Глядя, как в воздухе над озером танцует парочка похожих на стрекоз киларов с розовато-сиреневыми крылышками, Могиен сказал:
— Здесь когда-то тоже жили люди. Предки ангьяр когда-то давно бродили по этим землям — еще до того, как появились на свет Герои, до того, как были построены Халлан и высокий Ойнхол, до того, как Хендин нанес свой знаменитый удар, а Кирфиель погиб на Холме Оррен. Ангьяр, приплывшие сюда с юга на длинных лодках с драконьими головами на носу, обнаружили здесь своих родичей, тоже ангьяр, но диких, живущих в лесах и прибрежных пещерах, и белолицых… Ты же знаешь, Яхан, «Балладу об Орхогиене»…
На ветре верхом.
По травам ступая.
Касаясь волны морской.
Прямо к звезде ночной,
Тропою Лиоки взлетая…
— А тропа Лиоки, как у нас считается, ведет с юга на север. Описанное в этой балладе свидетельствует о том, что мы, ангьяр, сражались с дикими охотниками, которые называли себя ольгьяр, и победили их. Это был единственный родственный нам народ: ангьяр и ольгьяр составляют единое целое — лийяр. Но вот об этих горах в той песне вроде бы не сказано ничего. Она очень старая, эта песня; возможно, начало ее просто забыто.
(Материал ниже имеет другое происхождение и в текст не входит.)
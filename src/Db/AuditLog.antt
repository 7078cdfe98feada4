-- ===== src/Db/AuditLog.antt =====
-- worker/src/db/audit.ts over the table `audit_log`.
pub mod Sorted
pub mod Filtered
pub mod Pages
use entra_shift.Common.{
  ℕ, ◌+◌, ◌-◌, Bool, true, ◌&&◌, List, ◌∷◌, Option, none, some, Text, text_eq, units, if◌then◌else◌,
  ltb, leb, min, max, or_else, length, take, select, delete, order_by, get_elem?,
}
use entra_shift.Contracts.{
  Instant, AuditAction, AuditEntry, sign_in, sign_out, tenant_connect, tenant_disconnect,
  tenant_test, secret_rotate, user_select, csv_import, mapping_change, provision,
  password_csv_download, job_start, job_cancel, job_retry, config_change, audit_export,
}

-- `insert`.
abbrev pub insert : AuditEntry → List AuditEntry → List AuditEntry
insert e log = e ∷ log

unfoldable pub action_text : AuditAction → Text
unfolding units
action_text sign_in = units "sign_in"
action_text sign_out = units "sign_out"
action_text tenant_connect = units "tenant_connect"
action_text tenant_disconnect = units "tenant_disconnect"
action_text tenant_test = units "tenant_test"
action_text secret_rotate = units "secret_rotate"
action_text user_select = units "user_select"
action_text csv_import = units "csv_import"
action_text mapping_change = units "mapping_change"
action_text provision = units "provision"
action_text password_csv_download = units "password_csv_download"
action_text job_start = units "job_start"
action_text job_cancel = units "job_cancel"
action_text job_retry = units "job_retry"
action_text config_change = units "config_change"
action_text audit_export = units "audit_export"

pub record AuditQuery : Type 0 where
  pub actor : Option Text
  pub action : Option Text
  pub from : Option Instant
  pub to : Option Instant
  pub cursor : Option Instant
  pub limit : Option ℕ

-- A condition that the statement has only where the filter has a value.
abbrev pub holds {ℓ} : {A : Type ℓ} → Option A → (A → Bool) → Bool
holds none p = true
holds (some a) p = p a

abbrev pub matches : AuditQuery → AuditEntry → Bool
matches q e =
    holds q.actor (λ a. text_eq e.actor_upn a)
    && holds q.action (λ a. text_eq (action_text e.action) a)
    && holds q.from (λ t. leb t e.created_at)
    && holds q.to (λ t. leb e.created_at t)
    && holds q.cursor (λ t. ltb e.created_at t)

-- `ORDER BY created_at DESC`.
abbrev pub newer : AuditEntry → AuditEntry → Bool
newer a b = ltb b.created_at a.created_at

abbrev pub page_limit : AuditQuery → ℕ
page_limit q = min (max (or_else q.limit 100) 1) 500

abbrev time_of : Option AuditEntry → Option Instant
time_of none = none
time_of (some e) = some e.created_at

-- `query`: the page, and where the next one starts.
unfoldable pub query : AuditQuery → List AuditEntry → List AuditEntry × Option Instant
query q log =
    let limit = page_limit q in
    let results = take (limit + 1) (order_by newer (select (matches q) log)) in
    let page = take limit results in
    (page, if ltb limit (length results) then time_of (get_elem? page (length page - 1)) else none)

-- `pruneOlderThan`.
unfoldable pub prune_older_than : Instant → List AuditEntry → ℕ × List AuditEntry
prune_older_than cutoff log =
    (length (select (λ e. ltb e.created_at cutoff) log), delete (λ e. ltb e.created_at cutoff) log)
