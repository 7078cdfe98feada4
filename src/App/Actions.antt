-- ===== src/App/Actions.antt =====
-- The effects that the handlers share: lib/ids.ts, lib/time.ts, lib/audit.ts, `billUsage` of
-- lib/budget.ts and the queue (all under worker/src).
pub mod Keeps
use entra_shift.Common.{ℕ, ◌+◌, ◌∷◌, Option, Text}
use entra_shift.Contracts.{Instant, JobDispatchMessage, AuditAction}
use entra_shift.Db.{Database}
use entra_shift.Db.Budget.{Usage}
use entra_shift.Db.AuditLog
use entra_shift.App.{World, App, gets, act, modify, ◌>>=◌}

-- `nowIso`.
abbrev pub now_iso : App Instant
now_iso = gets (λ w. w.now)

abbrev draw : World → World
draw w = record w { draws = w.draws + 1 }

-- `uuid`, and `opaqueToken`.
abbrev pub uuid : App Text
uuid = act (λ w. (w.runtime.uuid w.draws, draw w))

abbrev pub opaque_token : App Text
opaque_token = act (λ w. (w.runtime.token w.draws, draw w))

abbrev pub write : (Database → Database) → App (Unit {0})
write f = modify (λ w. record w { db = f w.db })

-- `billUsage`: the use is recorded after the response, by `Budget.settle`.
abbrev pub bill_usage : Usage → App (Unit {0})
bill_usage u = modify (λ w. record w { background = u ∷ w.background })

abbrev pub bill_writes : ℕ → App (Unit {0})
bill_writes n = bill_usage (record { workers = 0; d1_writes = n; queue_ops = 0 })

-- `JOB_QUEUE.send`.
abbrev pub send : JobDispatchMessage → App (Unit {0})
send m = modify (λ w. record w { queue = m ∷ w.queue })

-- `audit`: one entry, under a fresh id.
unfoldable pub audit : Text → AuditAction → Option Text → Option Text → App (Unit {0})
audit actor action target detail = do
  id ← uuid
  now ← now_iso
  write (λ db. record db {
    audit_log =
        AuditLog.insert
          (record {
            id = id;
            actor_upn = actor;
            action = action;
            target = target;
            detail = detail;
            created_at = now;
          })
          db.audit_log;
  })
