-- ===== src/App/Triple.antt =====
-- Rules for handlers, one for each way to build an action: a condition on the world before, one on
-- the result and the world after, and an invariant for the world that a throw leaves.
use entra_shift.Common.{Bool, true, false, if◌then◌else◌, Option, none, some, ◌≡◌, refl, sym}
use mathlib.Core.Path.{subst}
use entra_shift.Errors.{Thrown}
use entra_shift.App.{
  World, Result, ok, err, App, pure, throw, gets, or_throw, act, throw_if, modify, continue,
  recover, try_catch, lift, ◌>>=◌,
}

abbrev pub After :
    {A : Type 0} → (World → Type 0) → (A → World → Type 0) → Result A → World → Type 0
After E Q (ok a) w = Q a w
After E Q (err e) w = E w

pub record Triple {A : Type 0} (E P : World → Type 0) (m : App A) (Q : A → World → Type 0)
    : Type 0 where
  pub at : (w : World) → P w → After E Q (m w).0 (m w).1

-- `m` keeps `P`, whether it returns or throws.
abbrev pub Keeps : {A : Type 0} → (World → Type 0) → App A → Type 0
Keeps P m = Triple P P m (λ _. P)

module _ {E P : World → Type 0} where
  pub pure-Triple :
      {A : Type 0} {Q : A → World → Type 0} (a : A)
      → ((w : World) → P w → Q a w)
      → Triple E P (pure a) Q
  unfolding pure
  pure-Triple a h = record { at = h }

  pub gets-Triple :
      {A : Type 0} {Q : A → World → Type 0} (f : World → A)
      → ((w : World) → P w → Q (f w) w)
      → Triple E P (gets f) Q
  unfolding gets
  gets-Triple f h = record { at = h }

  pub act-Triple :
      {A : Type 0} {Q : A → World → Type 0} (f : World → A × World)
      → ((w : World) → P w → Q (f w).0 (f w).1)
      → Triple E P (act f) Q
  unfolding act
  act-Triple f h = record { at = h }

  pub modify-Triple :
      {Q : Unit {0} → World → Type 0} (f : World → World)
      → ((w : World) → P w → Q tt (f w))
      → Triple E P (modify f) Q
  unfolding modify
  modify-Triple f h = record { at = h }

  pub or_throw-Triple :
      {A : Type 0} {Q : A → World → Type 0} (o : Option A) (e : Thrown)
      → ((w : World) → P w → E w)
      → ((a : A) (w : World) → o ≡ some a → P w → Q a w)
      → Triple E P (or_throw o e) Q
  unfolding or_throw
  or_throw-Triple none e out on = record { at = out }
  or_throw-Triple (some a) e out on = record { at = λ w h. on a w refl h }

  pub throw_if-Triple :
      {Q : Unit {0} → World → Type 0} (c : Bool) (e : Thrown)
      → ((w : World) → P w → E w)
      → ((w : World) → c ≡ false → P w → Q tt w)
      → Triple E P (throw_if c e) Q
  unfolding throw_if
  throw_if-Triple true e out on = record { at = out }
  throw_if-Triple false e out on = record { at = λ w h. on w refl h }

  pub bind-Triple :
      {A B : Type 0} (Q : A → World → Type 0) {R : B → World → Type 0} {m : App A} {f : A → App B}
      → Triple E P m Q
      → ((a : A) → Triple E (Q a) (f a) R)
      → Triple E P (m >>= f) R
  unfolding ◌>>=◌
  bind-Triple {A} {B} Q {R} {m} {f} t k = record { at = λ w h. go (m w).0 (m w).1 (t.at w h) }
    where
      go :
          (r : Result A) (w : World)
          → After E Q r w
          → After E R (continue r f w).0 (continue r f w).1
      go (ok a) w h = (k a).at w h
      go (err e) w h = h

  -- An action that keeps the condition in front of the rest.
  pub then_Triple :
      {A B : Type 0} {R : B → World → Type 0} {m : App A} {f : A → App B}
      → Triple E P m (λ _. P)
      → ((a : A) → Triple E P (f a) R)
      → Triple E P (m >>= f) R
  then_Triple {A} t k = bind-Triple (λ (_ : A). P) t k

  -- The actions that keep the condition.
  pub gets_keep : {A : Type 0} (f : World → A) → Triple E P (gets f) (λ _. P)
  gets_keep f = gets-Triple f (λ w h. h)

  pub act_keep :
      {A : Type 0} (f : World → A × World)
      → ((w : World) → P w → P (f w).1)
      → Triple E P (act f) (λ _. P)
  act_keep f h = act-Triple f h

  pub modify_keep :
      (f : World → World) → ((w : World) → P w → P (f w)) → Triple E P (modify f) (λ _. P)
  modify_keep f h = modify-Triple f h

  pub throw_if_keep :
      (c : Bool) (e : Thrown) → ((w : World) → P w → E w) → Triple E P (throw_if c e) (λ _. P)
  throw_if_keep c e out = throw_if-Triple c e out (λ w _ h. h)

  pub if_Triple :
      {A : Type 0} {Q : A → World → Type 0} {m n : App A} (c : Bool)
      → (c ≡ true → Triple E P m Q)
      → (c ≡ false → Triple E P n Q)
      → Triple E P (if c then m else n) Q
  if_Triple true on off = on refl
  if_Triple false on off = off refl

  pub option_Triple :
      {A B : Type 0} {Q : B → World → Type 0} {m : App B} {f : A → App B} (o : Option A)
      → (o ≡ none → Triple E P m Q)
      → ((a : A) → o ≡ some a → Triple E P (f a) Q)
      → Triple E P (elim o as (λ _. App B) [ none ↦ m | some a ↦ f a ]) Q
  option_Triple none none_case some_case = none_case refl
  option_Triple (some a) none_case some_case = some_case a refl

  pub or_throw_keep :
      {A : Type 0} (o : Option A) (e : Thrown)
      → ((w : World) → P w → E w)
      → Triple E P (or_throw o e) (λ _. P)
  or_throw_keep o e out = or_throw-Triple o e out (λ _ w _ h. h)

  pub throw_keep :
      {A : Type 0} {Q : A → World → Type 0} (e : Thrown)
      → ((w : World) → P w → E w)
      → Triple E P (throw e) Q
  unfolding throw
  throw_keep e out = record { at = out }

  -- Tests in front of the rest, which learns how they came out.
  pub or_throw_then :
      {A B : Type 0} {R : B → World → Type 0} (o : Option A) (e : Thrown) {f : A → App B}
      → ((w : World) → P w → E w)
      → ((a : A) → o ≡ some a → Triple E P (f a) R)
      → Triple E P (or_throw o e >>= f) R
  unfolding ◌>>=◌
  or_throw_then none e out k = record { at = out }
  or_throw_then (some a) e {f} out k = record { at = λ w h. (k a refl).at w h }

  pub throw_if_then :
      {B : Type 0} {R : B → World → Type 0} (c : Bool) (e : Thrown) (f : Unit {0} → App B)
      → ((w : World) → P w → E w)
      → (c ≡ false → Triple E P (f tt) R)
      → Triple E P (throw_if c e >>= f) R
  unfolding ◌>>=◌
  throw_if_then true e f out k = record { at = out }
  throw_if_then false e f out k = record { at = λ w h. (k refl).at w h }

-- Running a handler of errors: what a throw leaves is what the handler starts from.
pub try_Triple :
    {A : Type 0} {E F P : World → Type 0} {Q : A → World → Type 0} {m : App A} {h : Thrown → App A}
    → Triple F P m Q
    → ((e : Thrown) → Triple E F (h e) Q)
    → Triple E P (try_catch m h) Q
unfolding try_catch
try_Triple {A} {E} {F} {Q} {m} {h} t k = record { at = λ w p. go (m w).0 (m w).1 (t.at w p) }
  where
    go : (r : Result A) (w : World) → After F Q r w → After E Q (recover r h w).0 (recover r h w).1
    go (ok a) w q = q
    go (err e) w f = (k e).at w f

-- A weaker claim on the result, and on what a throw leaves.
pub weaken_Triple :
    {A : Type 0} {E F P : World → Type 0} {Q R : A → World → Type 0} {m : App A}
    → Triple E P m Q
    → ((w : World) → E w → F w)
    → ((a : A) (w : World) → Q a w → R a w)
    → Triple F P m R
weaken_Triple {A} {E} {F} {Q} {R} {m} t f g = record { at = λ w p. go (m w).0 (m w).1 (t.at w p) }
  where
    go : (r : Result A) (w : World) → After E Q r w → After F R r w
    go (ok a) w q = g a w q
    go (err e) w p = f w p

pub lift_Triple :
    {A : Type 0} {E P : World → Type 0} {Q : A → World → Type 0} (r : Result A)
    → ((w : World) → P w → E w)
    → ((a : A) (w : World) → r ≡ ok a → P w → Q a w)
    → Triple E P (lift r) Q
lift_Triple (ok a) out on = pure-Triple a (λ w h. on a w refl h)
lift_Triple (err e) out on = throw_keep e out

-- A look at a world that is known.
pub gets_same :
    {E : World → Type 0} {A B : Type 0} {R : B → World → Type 0} (old : World) (g : World → A)
    (f : A → App B)
    → Triple E (λ w. w ≡ old) (f (g old)) R
    → Triple E (λ w. w ≡ old) (gets g >>= f) R
unfolding ◌>>=◌
gets_same {E} {A} {B} {R} old g f t = record {
  at = λ w h. subst (λ x. After E R (f (g x) w).0 (f (g x) w).1) (sym h) (t.at w h);
}

-- What a triple says of an outcome that is known.
module _ {A : Type 0} where
  pub After-ok :
      (E : World → Type 0) (Q : A → World → Type 0) (r : Result A) (w : World) {a : A}
      → After E Q r w
      → r ≡ ok a
      → Q a w
  After-ok E Q (ok b) w {a} h e = let same : b ≡ a = cc in subst (λ x. Q x w) same h
  After-ok E Q (err x) w h e = cc

  pub After-err :
      (E : World → Type 0) (Q : A → World → Type 0) (r : Result A) (w : World) {x : Thrown}
      → After E Q r w
      → r ≡ err x
      → E w
  After-err E Q (ok a) w h e = cc
  After-err E Q (err x) w h e = h

  pub After-same : (P : World → Type 0) (r : Result A) (w : World) → After P (λ _. P) r w → P w
  After-same P (ok a) w h = h
  After-same P (err x) w h = h
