-- ===== src/App/Actions/Keeps.antt =====
-- Conditions on a world that do not look at its random draws, its audit log and its uses.
use entra_shift.Common.{ℕ, List, Option, Text}
use entra_shift.Contracts.{AuditAction, AuditEntry}
use entra_shift.Db.Budget.{Usage}
use entra_shift.App.{World, ◌>>◌}
use entra_shift.App.Triple.{Triple, then_Triple, gets_keep, act_keep, modify_keep}
use entra_shift.App.Actions.{uuid, audit, bill_writes}

pub record IsSteady (P : World → Type 0) : Type 0 where
  pub drawn : (w : World) (n : ℕ) → P w → P (record w { draws = n })
  pub billed : (w : World) (us : List Usage) → P w → P (record w { background = us })
  pub logged :
      (w : World) (log : List AuditEntry)
      → P w
      → P (record w { db = record w.db { audit_log = log } })

-- None of these throws, so nothing is asked of a throw.
module _ {E P : World → Type 0} (s : IsSteady P) where
  pub uuid_keep : Triple E P uuid (λ _. P)
  uuid_keep = act_keep _ (λ w h. s.drawn w _ h)

  pub bill_keep : (n : ℕ) → Triple E P (bill_writes n) (λ _. P)
  bill_keep n = modify_keep _ (λ w h. s.billed w _ h)

  pub audit_keep :
      (actor : Text) (action : AuditAction) (target detail : Option Text)
      → Triple E P (audit actor action target detail) (λ _. P)
  unfolding audit
  audit_keep actor action target detail =
      then_Triple uuid_keep
        (λ id. then_Triple (gets_keep _) (λ now. modify_keep _ (λ w h. s.logged w _ h)))

  pub audit_write_keep :
      (actor : Text) (action : AuditAction) (target detail : Option Text)
      → Triple E P (audit actor action target detail >> bill_writes 1) (λ _. P)
  audit_write_keep actor action target detail =
      then_Triple (audit_keep actor action target detail) (λ _. bill_keep 1)
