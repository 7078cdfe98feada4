-- ===== src/App/Steps.antt =====
-- What the actions of App.antt return, step by step.
use entra_shift.Common.{◌≡◌, ◌⊎◌, inl, inr, refl, Bool, true, false, if◌then◌else◌}
use entra_shift.Errors.{Thrown}
use entra_shift.App.{World, Result, ok, err, App, throw_if, ◌>>=◌}

pub Result-cases :
    {A : Type 0} (r : Result A) → ((a : A) × (r ≡ ok a)) ⊎ ((e : Thrown) × (r ≡ err e))
Result-cases (ok a) = inl (a, refl)
Result-cases (err e) = inr (e, refl)

module _ {A B : Type 0} where
  pub bind-ok :
      (m : App A) (k : A → App B) (w : World) {a : A} → (m w).0 ≡ ok a → (m >>= k) w ≡ k a (m w).1
  unfolding ◌>>=◌
  bind-ok m k w e = rw (e) refl

  pub bind-err :
      (m : App A) (k : A → App B) (w : World) {e : Thrown}
      → (m w).0 ≡ err e
      → (m >>= k) w ≡ (err e, (m w).1)
  unfolding ◌>>=◌
  bind-err m k w e = rw (e) refl

pub throw_if-bind :
    {B : Type 0} (c : Bool) (e : Thrown) (k : Unit {0} → App B) (w : World)
    → (throw_if c e >>= k) w ≡ (if c then (err e, w) else k tt w)
unfolding ◌>>=◌
throw_if-bind true e k w = refl
throw_if-bind false e k w = refl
Может быть, и ангьяр тоже пришли из этих холмов? Красивая здесь страна — леса полны дичи, на холмах отличные пастбища, и для замков места отличные есть… И все же тут, похоже, сейчас никто не живет.
В тот вечер Яхан не стал играть на своей лире с серебряными струнами; и всем как-то не спалось, было тревожно — наверное, потому, что с ними не было Крылатых, а холмы вокруг стояли такие тихие, словно живые существа на них замерли от страха и всю ночь боялись шевельнуться.